Case Study: Generative AI Chatbots
Building retrieval-augmented assistants for HR and Finance knowledge access.
Project Snapshot
- Role: Applied AI Lead
- Domain: Internal knowledge systems
- Stack: Python, vector retrieval, LLM orchestration, enterprise data controls
- Timeline: 2023 – Oct 2025 (enterprise phase), with independent workflow refinement continuing post-2025
User engagement
80% Retention
User engagement and retention rate in first 8 months of HR deployment.
Query volume
100s/Day
Query volume by month 8, demonstrating sustained adoption and daily use.
Document corpus
50+ Documents
Corporate policies, SOPs, and procedure documents with citation-backed retrieval.
Architecture pattern
Reusable RAG
Provenance-first design with direct source links enabled user trust and adoption.
Technical Architecture
graph TD
subgraph Input
A[Policy Documents] --> B[Chunking Layer]
C[SOPs] --> B
D[Process Guides] --> B
end
subgraph Embedding
B --> E[Embedding Model]
E --> F[Vector Database]
end
subgraph Retrieval
G[User Query] --> H[Query Embedding]
H --> I[Similarity Search]
F --> I
I --> J[Top-K Chunks]
end
subgraph Generation
J --> K[Context Assembly]
K --> L[LLM Generation]
L --> M[Response with Citations]
end
subgraph Guardrails
M --> N[Hallucination Filter]
N --> O[Grounded Response]
end
O --> P[User Interface]
Architecture: Documents are chunked and embedded into a vector database.

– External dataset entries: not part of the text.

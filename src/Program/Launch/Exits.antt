-- ===== src/Program/Launch/Exits.antt =====
-- How the program ends (src/main.cpp).
use zway_server.Base.{
  ℕ, zero, suc, ◌≡◌, refl, ◌∙◌, ap, Bool, true, false, not, ◌&&◌, ◌||◌, List, [], Option, none,
  some, arith, if◌then◌else◌, Bool-cases, inl, inr,
}
use zway_server.Server.Lifecycle.{AcceptorApi, Lifecycle, Event, new, start, close}
use zway_server.Program.Workers.{least, create_workers-least}
use zway_server.Program.Console
use zway_server.Program.Console.{returns, leaves, returns-control}
use zway_server.Program.Launch
use zway_server.Program.Launch.{
  Options, System, Fork, failed, parent, child, Act, Status, returned_zero, returned_minus_one,
  exit_failure, exit_success, Part, Ran, main, is_given,
}

-- The command line asks for a server.
abbrev pub usable : Options → Bool
usable options = not options.help && is_given options.address

abbrev is_child : Fork → Bool
is_child failed = false
is_child parent = false
is_child child = true

-- This process is the one that runs the server.
abbrev pub serves : System → Options → Bool
serves system options =
    not options.daemon || (is_child system.fork && (returns system.setsid && system.chdir))

-- Whether the workers can be joined: there are none, or they run out of work.
abbrev pub joins : ℕ → Option (List Event) → Bool
joins zero last = true
joins (suc n) last = returns last

-- What makes the program come to its end: a signal, or the key e and workers that can be joined.
abbrev pub ending :
    Bool → ℕ → List (List Event × ℕ) → Option (List Event) → Option (List Event) → Bool
ending daemon n keys signal last = if daemon then returns signal else (leaves keys && joins n last)

-- As many workers as were asked for are created, up to 50.
abbrev pub stopped :
    Options → List (List Event × ℕ) → Option (List Event) → Option (List Event) → Bool
stopped options keys signal last =
    ending options.daemon (least options.num_workers 50) keys signal last

abbrev pub is_zero : Status → Bool
is_zero returned_zero = true
is_zero returned_minus_one = false
is_zero exit_failure = false
is_zero exit_success = false

-- The program has returned 0.
abbrev pub zero_of : {A : Type 0} → Option (Ran A) → Bool
zero_of none = false
zero_of (some r) = is_zero r.status

module _ {A : Type 0} (api : AcceptorApi A) where
  returns-joined :
      (n : ℕ) (last : Option (List Event)) (s : Lifecycle A)
      → returns (Launch.joined api n last s) ≡ joins n last
  unfolding Launch.joined
  returns-joined zero last s = refl
  returns-joined (suc n) none s = refl
  returns-joined (suc n) (some es) s = refl

  after_join_lem :
      (acts : List Act) (o : Option (Lifecycle A))
      → (zero_of (Launch.after_join api acts o) ≡ returns o)
        × (returns (Launch.after_join api acts o) ≡ returns o)
  unfolding Launch.after_join
  after_join_lem acts none = (refl, refl)
  after_join_lem acts (some s) = (refl, refl)

  finish_lem :
      (n : ℕ) (last : Option (List Event)) (acts : List Act) (c : Option (Console.Console A))
      → (zero_of (Launch.finish api n last acts c) ≡ (returns c && joins n last))
        × (returns (Launch.finish api n last acts c) ≡ (returns c && joins n last))
  unfolding Launch.finish
  finish_lem n last acts none = (refl, refl)
  finish_lem n last acts (some c) =
      let s = close api c.server in
      let after = after_join_lem acts (Launch.joined api n last s) in
      (after.0 ∙ returns-joined n last s, after.1 ∙ returns-joined n last s)

  joins_nothing : (n : ℕ) → joins n (some []) ≡ true
  joins_nothing zero = refl
  joins_nothing (suc n) = refl

  returns-until_signal :
      (s : Lifecycle A) (signal : Option (List Event))
      → returns (Launch.until_signal api s signal) ≡ returns signal
  unfolding Launch.until_signal
  returns-until_signal s none = refl
  returns-until_signal s (some es) = refl

  serve_lem :
      (daemon : Bool) (n : ℕ) (acts : List Act) (r : Bool × Lifecycle A)
      (keys : List (List Event × ℕ)) (signal last : Option (List Event))
      → (zero_of (Launch.serve api daemon n acts r keys signal last)
          ≡ (r.0 && ending daemon n keys signal last))
        × (returns (Launch.serve api daemon n acts r keys signal last)
            ≡ (not r.0 || ending daemon n keys signal last))
  unfolding Launch.serve
  serve_lem daemon n acts (false, s) keys signal last = (refl, refl)
  serve_lem true n acts (true, s) keys signal last =
      let done = finish_lem n (some []) acts (Launch.until_signal api s signal) in
      let signalled = returns-until_signal s signal in
      (
        done.0 ∙ ground (arith, signalled, joins_nothing n),
        done.1 ∙ ground (arith, signalled, joins_nothing n),
      )
  serve_lem false n acts (true, s) keys signal last =
      let c : Console.Console A = record { server = s; notices = [] } in
      let done = finish_lem n last acts (Console.control api keys c) in
      (
        done.0 ∙ ap (λ b. b && joins n last) (returns-control api keys c),
        done.1 ∙ ap (λ b. b && joins n last) (returns-control api keys c),
      )

-- Whether a part of the program goes on.
abbrev continues : Part → Bool
continues (acts, none) = true
continues (acts, some status) = false

-- A part that ends the program does not return 0.
abbrev sound : Part → Bool
sound (acts, none) = true
sound (acts, some status) = not (is_zero status)

in_new_session_lem :
    (sid : Option ℕ) (moved : Bool)
    → (continues (Launch.in_new_session sid moved) ≡ (returns sid && moved))
      × (sound (Launch.in_new_session sid moved) ≡ true)
unfolding Launch.in_new_session
in_new_session_lem none moved = (refl, refl)
in_new_session_lem (some sid) false = (refl, refl)
in_new_session_lem (some sid) true = (refl, refl)

forked_lem :
    (fork : Fork) (system : System)
    → (continues (Launch.forked fork system)
        ≡ (is_child fork && (returns system.setsid && system.chdir)))
      × (sound (Launch.forked fork system) ≡ true)
unfolding Launch.forked
forked_lem failed system = (refl, refl)
forked_lem parent system = (refl, refl)
forked_lem child system = in_new_session_lem system.setsid system.chdir

detach_lem :
    (system : System) (daemon : Bool)
    → (continues (Launch.detach system daemon)
        ≡ (not daemon || (is_child system.fork && (returns system.setsid && system.chdir))))
      × (sound (Launch.detach system daemon) ≡ true)
unfolding Launch.detach
detach_lem system true = forked_lem system.fork system
detach_lem system false = (refl, refl)

prepare_lem :
    (system : System) (options : Options)
    → (continues (Launch.prepare system options) ≡ (usable options && serves system options))
      × (sound (Launch.prepare system options) ≡ true)
unfolding Launch.prepare
prepare_lem system options =
    let d = detach_lem system options.daemon in
    elim (Bool-cases (options.help || not (is_given options.address))) [
      | inl ends ↦ rw ends (ground arith, refl)
      | inr goes ↦ rw goes (d.0 ∙ ground arith, d.1)
    ]

-- What this process wants of the server, as the command line and the system have it.
abbrev pub runs_server : System → Option Options → Bool
runs_server system none = false
runs_server system (some options) = usable options && serves system options

abbrev pub ends :
    Option Options → List (List Event × ℕ) → Option (List Event) → Option (List Event) → Bool
ends none keys signal last = true
ends (some options) keys signal last = stopped options keys signal last

module _ {A : Type 0} (api : AcceptorApi A) where
  go_on_lem :
      (part : Part) (options : Options) (r : Bool × Lifecycle A) (a : A)
      (keys : List (List Event × ℕ)) (signal last : Option (List Event))
      → sound part ≡ true
      → (zero_of (Launch.go_on api part options r a keys signal last)
          ≡ (continues part && (r.0 && stopped options keys signal last)))
        × (returns (Launch.go_on api part options r a keys signal last)
            ≡ (not (continues part && r.0) || stopped options keys signal last))
  unfolding Launch.go_on Launch.employ
  go_on_lem (acts, some status) options r a keys signal last fine = (ground arith, refl)
  go_on_lem (acts, none) options r a keys signal last fine =
      rw (create_workers-least options.num_workers)
        (serve_lem api options.daemon (least options.num_workers 50) _ r keys signal last)

  -- The program returns 0 exactly if the command line parses, asks for no help and gives an
  -- address, this process is the one that serves (as a daemon: the child, with a session of its own
  -- and the root as its directory), the server starts, and, as a daemon, a signal stops the service,
  -- or else the console reads an e and the workers can be joined: none was created, or after the
  -- close they run out of work. No handler's crash ends the process before.
  pub main_returns_zero :
      (system : System) (parsed : Option Options) (database prepared : Bool) (a : A)
      (keys : List (List Event × ℕ)) (signal last : Option (List Event))
      → zero_of (main api system parsed database prepared a keys signal last) ≡ (
          runs_server system parsed
          && ((start api database prepared (new a)).0 && ends parsed keys signal last))
  unfolding main
  main_returns_zero system none database prepared a keys signal last = refl
  main_returns_zero system (some options) database prepared a keys signal last =
      let prep = prepare_lem system options in
      (go_on_lem (Launch.prepare system options) options (start api database prepared (new a)) a
        keys signal last prep.1).0
      ∙ ap (λ b. b && ((start api database prepared (new a)).0 && stopped options keys signal last))
          prep.0

  -- The program ends, with whatever code, exactly if it does not come to run the server, or the
  -- server does not start, or it is made to end: as a daemon by a signal, or else by an e at the
  -- console, and then only if no worker was created or the workers run out of work after the close.
  pub main_ends :
      (system : System) (parsed : Option Options) (database prepared : Bool) (a : A)
      (keys : List (List Event × ℕ)) (signal last : Option (List Event))
      → returns (main api system parsed database prepared a keys signal last) ≡ (
          not (runs_server system parsed && (start api database prepared (new a)).0)
          || ends parsed keys signal last)
  unfolding main
  main_ends system none database prepared a keys signal last = refl
  main_ends system (some options) database prepared a keys signal last =
      let prep = prepare_lem system options in
      (go_on_lem (Launch.prepare system options) options (start api database prepared (new a)) a
        keys signal last prep.1).1
      ∙ ap
          (λ b.
            not (b && (start api database prepared (new a)).0) || stopped options keys signal last)
          prep.0
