-- ===== src/Program/Examples.antt =====
-- Runs of the program.
use zway_server.Base.{none, some, ◌&&◌, ◌≡◌, Bool, true, false, not, List, [], ◌∷◌, ℕ, arith}
use zway_server.Pool.{run}
use zway_server.Pool.Exhaustion.{HasBroken, rush}
use zway_server.Server.Lifecycle.{AcceptorApi, Event, client, handle, new, start}
use zway_server.Program.Workers.{crew, create_workers-least, crew-HasBroken}
use zway_server.Program.Launch.{Options, System, child, main}
use zway_server.Program.Launch.Exits.{zero_of, runs_server, ends, main_returns_zero}

crew-HasBroken_example : HasBroken (run (rush 25) (crew 30)).threads
crew-HasBroken_example = crew-HasBroken 30 30 (create_workers-least 30) (omega arith)

-- An acceptor that only knows whether it is open.
abbrev api : AcceptorApi Bool
api = record {
  open_acceptor = λ a. (not a, true);
  reuse_address = λ a. (true, a);
  bind = λ a. (true, a);
  listen = λ a. (true, a);
  close_acceptor = λ a. (true, false);
  can_accept = λ a. a;
  is_open = λ a. a;
}

-- Pausing, a key without a meaning, and e.
abbrev keys : List (List Event × ℕ)
keys = (client ∷ [], 112) ∷ (handle ∷ [], 10) ∷ ([], 101) ∷ ([], 105) ∷ []

-- A command line for a daemon, and what the system answers its process.
abbrev wanted : Options
wanted = record {
  help = false;
  address = some "10.0.0.1";
  port = 5557;
  num_workers = 4;
  daemon = true;
}

abbrev system : System
system = record { fork = child; setsid = some 12; chdir = true }

main_returns_zero_example :
    zero_of (main api system (some wanted) true true false [] (some (client ∷ handle ∷ [])) none)
    ≡ (runs_server system (some wanted)
        && ((start api true true (new false)).0
            && ends (some wanted) [] (some (client ∷ handle ∷ [])) none))
main_returns_zero_example =
    main_returns_zero api system (some wanted) true true false [] (some (client ∷ handle ∷ [])) none
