-- ===== src/Server.antt =====
-- class Server (include/server.h, src/server.cpp), by the parts of its state.
pub mod Sessions
pub mod Buffers
pub mod Lifecycle
pub mod Uptime
pub mod Info
pub mod Examples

User queries are embedded and matched via similarity search. Top-K chunks are assembled with context and passed to an LLM for generation. Guardrails filter hallucinations before returning grounded responses with citations.
Decision Tradeoffs
| Option Considered | Pros | Cons | Decision |
|---|---|---|---|
| Vector DB + Semantic Search | Flexible retrieval, handles ambiguous queries, citations built-in | Requires embedding model selection, chunk size tuning | Selected — best fit for policy/Q&A where exact keyword match fails |
| Keyword Search (Elasticsearch) | Fast, well-understood, no embedding cost | Poor on semantic similarity, can't handle paraphrased queries | Rejected — users rarely know exact policy names |
| Fine-tuned LLM | Deep domain knowledge, no retrieval latency | Expensive to train, knowledge frozen at training time, no citations | Rejected — policies change frequently, needed update flexibility |
Problem
HR and Finance teams fielded recurring questions about policies, procedures, and SOPs. Staff spent significant time searching for information in PDFs, SharePoint, and email threads. Response times were slow and inconsistent.
Before/After
| Workflow | Before | After |
|---|---|---|
| Policy lookup | Search PDFs, SharePoint, email threads; ask colleagues | Natural language query → cited answer with source links |
| Answer consistency | Depends on who you ask; informal knowledge silos | Grounded in indexed documents; same source for everyone |
| Trust verification | “Where did you find that?” → uncertain provenance | Citation links directly to source document and section |
Approach
I led design and deployment of a retrieval-augmented generation (RAG) system that indexes internal documents, matches user queries via semantic search, and generates grounded responses with source citations. The system includes guardrails to minimize hallucinations and ensure responses are traceable to approved documents.
Outcome
Deployed for HR and Finance functions with a reusable pattern for subsequent assistants. The architecture supports multi-plant expansion with consistent knowledge base and governance controls.
Leadership Contribution
- Architecture: Designed the RAG pipeline with provenance-first retrieval—every answer links directly to its source document, enabling the trust that drove 80% user retention.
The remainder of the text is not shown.